The logical next step to protect users is to give Apple more insight into what
is being signed, so that they can be more proactive in detecting and blocking
malware. Thus, notarization, which involves uploading a copy to Apple.

Apple's software engineering org is populated by some of the developers of
your favorite open source projects and indie apps. They're not trying to
destroy the platform that they love. In the past, they've given advanced users
an escape hatch---option-click to run an unsigned app, Gatekeeper settings,
System Integrity Protections settings---and I hope this doesn't change in
10.15. But they are trying to balance this with the needs of 99% of users who
just want their Mac to be protected from malware.

------
whizzkid
"Notarization is not App Review. The Apple notary service is an automated
system that scans your software for malicious content, checks for code-signing
issues, and returns the results to you quickly"
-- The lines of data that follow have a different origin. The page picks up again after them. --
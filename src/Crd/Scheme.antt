-- ===== src/Crd/Scheme.antt =====
-- The types of the CRD in a scheme of Kubernetes: plugins/crdplugin/pkg/apis/pantheontech/v1/register.go,
-- and the schemes of the clientsets, plugins/crdplugin/pkg/client/clientset/versioned/scheme/register.go and
-- fake/register.go beside it. Schemes `S`, and what is done to them, are those of the Kubernetes library.
pub mod Recognized
use cnf_nsm.Common.{List, [], ◌∷◌, Option, none, some, Bytes, codes}
use cnf_nsm.Errors.{Error, Result, ok, err}
use cnf_nsm.Crd.Client.Config.{scheme_group_version}

-- A builder of the library is a list of functions, which `add_to_scheme` runs on a scheme.
pub record SchemeLibrary (S : Type 0) : Type 0 where
  pub new_scheme : S
  pub add_known_types : Bytes × Bytes → List Bytes → S → S
  pub add_to_group_version : Bytes × Bytes → S → S
  pub add_to_scheme : List (S → Option Error × S) → S → Option Error × S

module _ {S : Type 0} (library : SchemeLibrary S) where
  unfoldable pub add_known_types : S → Option Error × S
  add_known_types scheme =
      let scheme' =
        library.add_known_types scheme_group_version
          (codes "CNFConfiguration" ∷ codes "CNFConfigurationList" ∷ []) scheme in
      (none, library.add_to_group_version scheme_group_version scheme')

  -- `AddToScheme` of the builder of the API.
  unfoldable pub add_to_scheme : S → Option Error × S
  add_to_scheme = library.add_to_scheme (add_known_types ∷ [])

  -- `utilruntime.Must`: an error is a panic.
  unfoldable pub must : Option Error × S → Result S
  must (none, scheme) = ok scheme
  must (some e, scheme) = err e

  -- `init` of the package of the scheme.
  unfoldable pub init : Result S
  init =
      let scheme = library.add_to_group_version (codes "", codes "v1") library.new_scheme in
      must (library.add_to_scheme (add_to_scheme ∷ []) scheme)

  -- `init` of the package of the fake clientset, which has a scheme of its own.
  unfoldable pub fake_init : Result S
  fake_init =
      let scheme = library.add_to_group_version (codes "", codes "v1") library.new_scheme in
      must (library.add_to_scheme (add_to_scheme ∷ []) scheme)
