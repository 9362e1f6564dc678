-- ===== src/Crd/Scheme/Recognized.antt =====
-- What the schemes recognize once the packages are initialized.
use cnf_nsm.Common.{
  false, ◌≡◌, refl, ◌∙◌, Bool, true, ◌||◌, List, [], ◌∷◌, Option, none, some, Bytes, codes, str_eq,
}
use cnf_nsm.Errors.{Error, ok}
use cnf_nsm.Crd.Client.Config.{RestConfig, KubeLibrary, set_config_defaults, scheme_group_version}
use cnf_nsm.Crd.Client.Fake.{cnf_configurations_kind}
use cnf_nsm.Crd.Scheme.{SchemeLibrary, add_known_types, add_to_scheme, must, init, fake_init}

abbrev pub one_of : List Bytes → Bytes → Bool
one_of [] k = false
one_of (kind ∷ kinds) k = str_eq kind k || one_of kinds k

-- What the library documents. A scheme recognizes the kinds that were added to a version of a group, and
-- goes on recognizing what it recognized. The functions of a builder are run one after the other, up to
-- the first that fails.
pub record IsDocumented {S : Type 0} (library : SchemeLibrary S)
    (recognizes : S → Bytes × Bytes × Bytes → Bool) : Type 0 where
  pub known :
      (group version : Bytes) (kinds : List Bytes) (kind : Bytes) (s : S)
      → one_of kinds kind ≡ true
      → recognizes (library.add_known_types (group, version) kinds s) (group, version, kind) ≡ true
  pub kept :
      (gv : Bytes × Bytes) (gvk : Bytes × Bytes × Bytes) (s : S)
      → recognizes s gvk ≡ true
      → recognizes (library.add_to_group_version gv s) gvk ≡ true
  pub none_left : (s : S) → library.add_to_scheme [] s ≡ (none, s)
  pub succeeds :
      (f : S → Option Error × S) (fs : List (S → Option Error × S)) (s s' : S)
      → f s ≡ (none, s')
      → library.add_to_scheme (f ∷ fs) s ≡ library.add_to_scheme fs s'

module _ {S : Type 0} (library : SchemeLibrary S) (recognizes : S → Bytes × Bytes × Bytes → Bool)
    (documented : IsDocumented library recognizes) where
  added : (s : S) → add_to_scheme library s ≡ (none, (add_known_types library s).1)
  unfolding add_to_scheme add_known_types
  added s = documented.succeeds (add_known_types library) [] s _ refl ∙ documented.none_left _

  kind_known :
      (kind : Bytes) (s : S)
      → one_of (codes "CNFConfiguration" ∷ codes "CNFConfigurationList" ∷ []) kind ≡ true
      → recognizes
          (add_known_types library s).1
          (scheme_group_version.0, scheme_group_version.1, kind)
        ≡ true
  unfolding add_known_types
  kind_known kind s h = documented.kept scheme_group_version _ _ (documented.known _ _ _ kind s h)

  initialized :
      (s : S)
      → library.add_to_scheme (add_to_scheme library ∷ []) s ≡ (none, (add_known_types library s).1)
  initialized s =
      documented.succeeds (add_to_scheme library) [] s _ (added s) ∙ documented.none_left _

  -- Neither the clientset nor the fake one panics when its package is initialized. The scheme of both
  -- recognizes the resource and its list in the group and version that the group's client is configured
  -- for, and the kind that the fake client lists by.
  pub init-recognizes :
      {Q L R D : Type 0} (kube : KubeLibrary Q L R D) (config : RestConfig Q L)
      → (s : S) × (init library ≡ ok s)
        × (fake_init library ≡ ok s)
        × (group version : Bytes) × ((set_config_defaults kube config).group_version
            ≡ some (group, version))
        × (recognizes s (group, version, codes "CNFConfiguration") ≡ true)
        × (recognizes s (group, version, codes "CNFConfigurationList") ≡ true)
        × (recognizes s cnf_configurations_kind ≡ true)
  unfolding init fake_init set_config_defaults must str_eq
  init-recognizes kube config =
      let s = library.add_to_group_version (codes "", codes "v1") library.new_scheme in
      (
        (add_known_types library s).1,
        rw (initialized s) refl,
        rw (initialized s) refl,
        codes "pantheon.tech",
        codes "v1",
        refl,
        kind_known (codes "CNFConfiguration") s refl,
        kind_known (codes "CNFConfigurationList") s refl,
        kind_known (codes "CNFConfiguration") s refl,
      )
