-- ===== src/Demux/Routing.antt =====
-- To whom the demultiplexer hands requests.
use cnf_nsm.Common.{◌≡◌, ◌⊎◌, none, some, Bytes, str_eq, if◌then◌else◌, Option-cases, inl, inr}
use cnf_nsm.Common.GoMap.{lookup, lookup-insert}
use cnf_nsm.Errors.{no_such_service}
use cnf_nsm.External.{Connection}
use cnf_nsm.Demux.{Handlers, EndpointReg, NsmEndpointDemux, put_service, demux_request, demux_close}

-- What is stored for a network service, where `ep` was, once its handler has left the service so.
abbrev pub handled : {S : Type 0} → EndpointReg S → S → EndpointReg S
handled ep service = record ep { service = service }

module _ {S : Type 0} (h : Handlers S) (x : NsmEndpointDemux S) (conn : Connection) where
  -- A request for a connection, or the closing of one, for a network service that is not registered is
  -- refused and changes nothing. For one that is registered it is answered by the endpoint of that
  -- service, and by no other: that endpoint has the state which its handler left, and every other
  -- registration is as it was.
  pub demux_routing :
      ((lookup conn.network_service x.endpoints ≡ none)
        × (demux_request h x conn ≡ ((conn, some (no_such_service conn.network_service)), x))
        × (demux_close h x conn ≡ (some (no_such_service conn.network_service), x)))
      ⊎ ((ep : EndpointReg S) × (lookup conn.network_service x.endpoints ≡ some ep)
          × ((demux_request h x conn).0 ≡ (h.request ep.service conn).0)
          × ((demux_close h x conn).0 ≡ (h.close ep.service conn).0)
          × ((name : Bytes)
              → (lookup name (demux_request h x conn).1.endpoints ≡ (
                  if str_eq conn.network_service name
                  then some (handled ep (h.request ep.service conn).1)
                  else lookup name x.endpoints))
                × (lookup name (demux_close h x conn).1.endpoints ≡ (
                    if str_eq conn.network_service name
                    then some (handled ep (h.close ep.service conn).1)
                    else lookup name x.endpoints))))
  unfolding demux_request demux_close put_service
  demux_routing = elim (Option-cases (lookup conn.network_service x.endpoints)) [
    | inl absent ↦ inl (absent, rw (absent, demux_request), rw (absent, demux_close))
    | inr (ep, found) ↦ inr (
      ep,
      found,
      rw (found, demux_request),
      rw (found, demux_close),
      λ name. (
        rw (found, demux_request) (lookup-insert conn.network_service name _ x.endpoints),
        rw (found, demux_close) (lookup-insert conn.network_service name _ x.endpoints),
      ),
    )
  ]
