-- ===== src/Endpoint/Allocation.antt =====
-- What an endpoint promises of the indexes that it gives to its clients, apart from how it keeps them.
use mathlib.Core.Path.{fun_ext}
use cnf_nsm.Common.{
  ℕ, ◌<◌, ◌≡◌, ◌≢◌, true, false, List, [], ◌∷◌, ◌++◌, Option, none, some, Bytes, arith, str_eq,
  str_eq_iff, ◌==◌, if◌then◌else◌, Bool-cases, inl, inr,
}
use cnf_nsm.Common.GoMap.{GoMap, lookup, erase, insert, lookup-erase, lookup-insert}
use cnf_nsm.Errors.{Error}
use cnf_nsm.Proto.{NetworkServiceEndpoint}
use cnf_nsm.Endpoint.{NsmConnection, uses_connection_index}
use cnf_nsm.Endpoint.Index.{IsLeastFree}
use cnf_nsm.Endpoint.Names.{HasDistinctIds}

-- The index of each client that has a connection.
abbrev pub Allocation : Type 0
Allocation = Bytes → Option ℕ

abbrev pub assign : Bytes → ℕ → Allocation → Allocation
assign k i s id = if str_eq k id then some i else s id

abbrev pub release : Bytes → Allocation → Allocation
release k s id = if str_eq k id then none else s id

-- No client has the index, and each smaller one is some client's.
pub record IsFirstFree (s : Allocation) (i : ℕ) : Type 0 where
  pub free : (id : Bytes) → s id ≢ some i
  pub first : (j : ℕ) → j < i → (id : Bytes) × (s id ≡ some j)

-- The index of a new client beside the others: the first free one, or zero where names end in labels.
pub data IsChosen (cfg : NetworkServiceEndpoint) (s : Allocation) : ℕ → Type 0 where
  by_index :
      (i : ℕ) → cfg.interface_name_suffix_from_label ≡ [] → IsFirstFree s i → IsChosen cfg s i
  by_label : cfg.interface_name_suffix_from_label ≢ [] → IsChosen cfg s 0

-- A client gets a connection, instead of the one that it may have had; with a single client there is
-- no other one.
pub data Assigns (cfg : NetworkServiceEndpoint) (k : Bytes) (s : Allocation)
    : Allocation → Type 0 where
  assigns :
      (i : ℕ)
      → IsChosen cfg (release k s) i
      → (cfg.single_client ≡ true → (id : Bytes) → release k s id ≡ none)
      → Assigns cfg k s (assign k i s)

-- Clients go one after the other.
abbrev pub release_all : List Bytes → Allocation → Allocation
release_all [] s = s
release_all (k ∷ ks) s = release_all ks (release k s)

-- A call of an endpoint with its answer, an error or none: a request of a client, the closing of its
-- connection, or that of all connections, whose clients are met in some order.
pub data Call : Type 0 where
  request_answered close_answered : Bytes → Option Error → Call
  close_all_answered : List Bytes → Option Error → Call

-- What a call with its answer makes of an allocation. A request assigns an index, or answers with an
-- error and changes nothing; so does a closing, which releases the index of its client. What comes next
-- behind an endpoint may answer with an error after either. The closing of
-- all releases that of every client that is met, and if it ends with an error those of the first ones.
pub data Follows (cfg : NetworkServiceEndpoint) (s : Allocation) : Call → Allocation → Type 0 where
  refuses : (k : Bytes) (x : Error) → Follows cfg s (request_answered k (some x)) s
  grants :
      (k : Bytes) (answer : Option Error) {t : Allocation}
      → Assigns cfg k s t
      → Follows cfg s (request_answered k answer) t
  cannot_close : (k : Bytes) (x : Error) → Follows cfg s (close_answered k (some x)) s
  releases :
      (k : Bytes) (answer : Option Error) → Follows cfg s (close_answered k answer) (release k s)
  releases_all : (ks : List Bytes) → Follows cfg s (close_all_answered ks none) (release_all ks s)
  releases_some :
      (ks rest : List Bytes) (x : Error)
      → Follows cfg s (close_all_answered (ks ++ rest) (some x)) (release_all ks s)

-- The allocations that calls lead to, from no clients; the latest call is the first.
pub data Runs (cfg : NetworkServiceEndpoint) : List Call → Allocation → Type 0 where
  idle : Runs cfg [] (λ _. none)
  next_call :
      {h : List Call} {s t : Allocation} (c : Call)
      → Runs cfg h s
      → Follows cfg s c t
      → Runs cfg (c ∷ h) t

index_of : Option NsmConnection → Option ℕ
index_of none = none
index_of (some c) = some c.index

-- The allocation that the connections of an endpoint represent.
unfoldable pub indexes : GoMap NsmConnection → Allocation
unfolding index_of
indexes m id = index_of (lookup id m)

pub indexes-insert :
    (k : Bytes) (c : NsmConnection) (m : GoMap NsmConnection)
    → indexes (insert k c m) ≡ assign k c.index (indexes m)
unfolding indexes
indexes-insert k c m = fun_ext λ id. ground (arith, lookup-insert k id c m)

pub indexes-erase :
    (k : Bytes) (m : GoMap NsmConnection) → indexes (erase k m) ≡ release k (indexes m)
unfolding indexes
indexes-erase k m = fun_ext λ id. ground (arith, lookup-erase k id m)

-- Assigning after a release is the same as assigning.
pub assign-release : (k : Bytes) (i : ℕ) (s : Allocation) → assign k i (release k s) ≡ assign k i s
assign-release k i s = fun_ext λ id. ground arith

pub release-release : (k : Bytes) (s : Allocation) → release k (release k s) ≡ release k s
release-release k s = fun_ext λ id. ground arith

pub release_absent : (k : Bytes) (s : Allocation) → s k ≡ none → release k s ≡ s
release_absent k s h = fun_ext λ id. ground (arith, str_eq_iff k id)

uses_free :
    (m : GoMap NsmConnection) (i : ℕ) (id : Bytes)
    → uses_connection_index m i ≡ false
    → indexes m id ≢ some i
unfolding uses_connection_index indexes lookup
uses_free [] i id h = λ e. cc
uses_free ((j, c) ∷ m) i id h = ground (arith, uses_free m i id)

uses_bound :
    (m : GoMap NsmConnection) (i : ℕ)
    → HasDistinctIds m
    → uses_connection_index m i ≡ true
    → (id : Bytes) × (indexes m id ≡ some i)
unfolding uses_connection_index indexes lookup
uses_bound [] i ids h = cc
uses_bound ((j, c) ∷ m) i ids h = elim (Bool-cases (i == c.index)) [
  | inl same ↦ (j, ground (arith, str_eq_iff j j))
  | inr other ↦
      let (id, found) = uses_bound m i ids.1 (ground arith) in (id, ground (arith, str_eq_iff j id))
]

-- The least index that no connection uses is the first free one.
pub IsFirstFree-indexes :
    (m : GoMap NsmConnection) (i : ℕ)
    → HasDistinctIds m
    → IsLeastFree m i
    → IsFirstFree (indexes m) i
IsFirstFree-indexes m i ids l = record {
  free = λ id. uses_free m i id l.free;
  first = λ j lt. uses_bound m j ids (l.least j lt);
}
If they truly mean this, and only check done is for malicious content then it
does not sound that bad except the ~100$ developer account each year to be
paid to Apple. Tim Cook needs to be aware of developers being one of the main
legs when it comes to creating a happy user base. If he treats them as second
class citizens, then making shareholders happy will not last long.

------
asaddhamani
It seems like we keep losing more and more control over what we're allowed to
run on our own machines.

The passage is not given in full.